The New York Sun, in an editorial on Dave Brat's victory over Eric Cantor in a Republican primary for a congressional seat in Virginia, writes, "How in the world can Congress address the immigration question before it addresses the lack of economic growth?"
I love the Sun and its editorials and its editor, and the newspaper is a paying customer of my column, so this is a friendly reply, but to my mind that sentence of the editorial misses the point. The lack of economic growth is being caused, directly, by the lack of immigrants. So rather than taking the approach the Sun seems to be recommending, which is to say, "let's tackle economic growth, and once we get the economy roaring, then later we can get around to bothering with those pesky contentious issues such as immigration" — the approach I would favor instead would be to say something like, "One of the easiest and best ways to fix the economic growth problem here in America right now is to let in more immigrants. They are customers for our businesses, employees for our stores, farms, and restaurants, programmers for our technology businesses, doctors for our hospitals, tuition-paying parents for our colleges and universities, soldiers for our army and sailors for our navy. They are human capital, and rather than slamming the gates shut on them, we should welcome them in immediately and then sit back and watch the economy boom in response."

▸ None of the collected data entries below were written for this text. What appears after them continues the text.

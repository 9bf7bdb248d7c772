-- ===== src/Reactor/ConfigFile/Numbers.antt =====
-- Decimal numbers in a configuration.
use rins.Prelude.{
  ℕ, ◌+◌, ◌*◌, ◌^◌, ◌≤◌, ◌<◌, ◌≡◌, refl, sym, ap, ◌∙◌, List, [], ◌∷◌, length, All, leb, ◌&&◌, ◌-◌,
  true, arith,
}
use native.Mathlib.Nat.{mul_assoc, mul_comm, add-mul, pow-suc}
use rins.Reactor.Text.{Text, first_not_empty, is_space}
use rins.Reactor.ConfigFile.{read_digits, read_signed, parse_number}

-- The number that digits stand for: each counts by its place.
unfoldable pub number : List ℕ → ℕ
number [] = 0
number (d ∷ ds) = d * 10 ^ length ds + number ds

abbrev pub AreDigits : List ℕ → Type 0
AreDigits = All (λ d. d ≤ 9)

-- The digits as they stand in a file.
unfoldable pub print_digits : List ℕ → Text
print_digits [] = []
print_digits (d ∷ ds) = (b'0' + d) ∷ print_digits ds

place_value : (n d p m : ℕ) → (n * 10 + d) * p + m ≡ n * (p * 10) + (d * p + m)
place_value n d p m = omega (arith, add-mul (n * 10) d p, mul_assoc n 10 p, mul_comm 10 p)

read_digits-print :
    (ds : List ℕ) (n : ℕ)
    → AreDigits ds
    → read_digits (print_digits ds) n ≡ n * 10 ^ length ds + number ds
unfolding read_digits print_digits number
read_digits-print [] n h = omega arith
read_digits-print (d ∷ ds) n h =
    let digit : (48 + d) - 48 ≡ d = omega arith in
    let goes_on : (leb 48 (48 + d) && leb (48 + d) 57) ≡ true = ground (arith, h.0) in
    rw (goes_on, digit)
      (read_digits-print ds (n * 10 + d) h.1
        ∙ place_value n d (10 ^ length ds) (number ds)
        ∙ ap (λ p. n * p + (d * 10 ^ length ds + number ds)) (sym (pow-suc 10 (length ds))))

-- The digits of a number below 2^32 are read as that number.
pub parse_number-print_digits :
    (ds : List ℕ) → AreDigits ds → number ds < 2 ^ 32 → parse_number (print_digits ds) ≡ number ds
unfolding parse_number read_signed first_not_empty is_space print_digits number
parse_number-print_digits [] h lt = refl
parse_number-print_digits (d ∷ ds) h lt =
    let same : read_digits (print_digits (d ∷ ds)) 0 ≡ number (d ∷ ds) =
      omega (arith, read_digits-print (d ∷ ds) 0 h) in
    ground (arith, same, h.0)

The Sun's error has an unhappy history. As John Higham notes in his history of American nativism, Strangers in the Land, the Johnson-Reed Act of 1924, which included an Oriental Exclusion Act banning Chinese immigrants to America, had its origins in the economic depression of 1920-1921, a downturn that itself followed the Immigration Act of 1917, which imposed its own restrictions. The Johnson-Reed Act's restrictions kicked in fully in 1927, after a delay sufficient to allow the government bureaucrats to plan for its implementation (sound like ObamaCare?), and just in time both to trigger the Great Depression and to prevent European Jewry from escaping the onslaught of Nazism.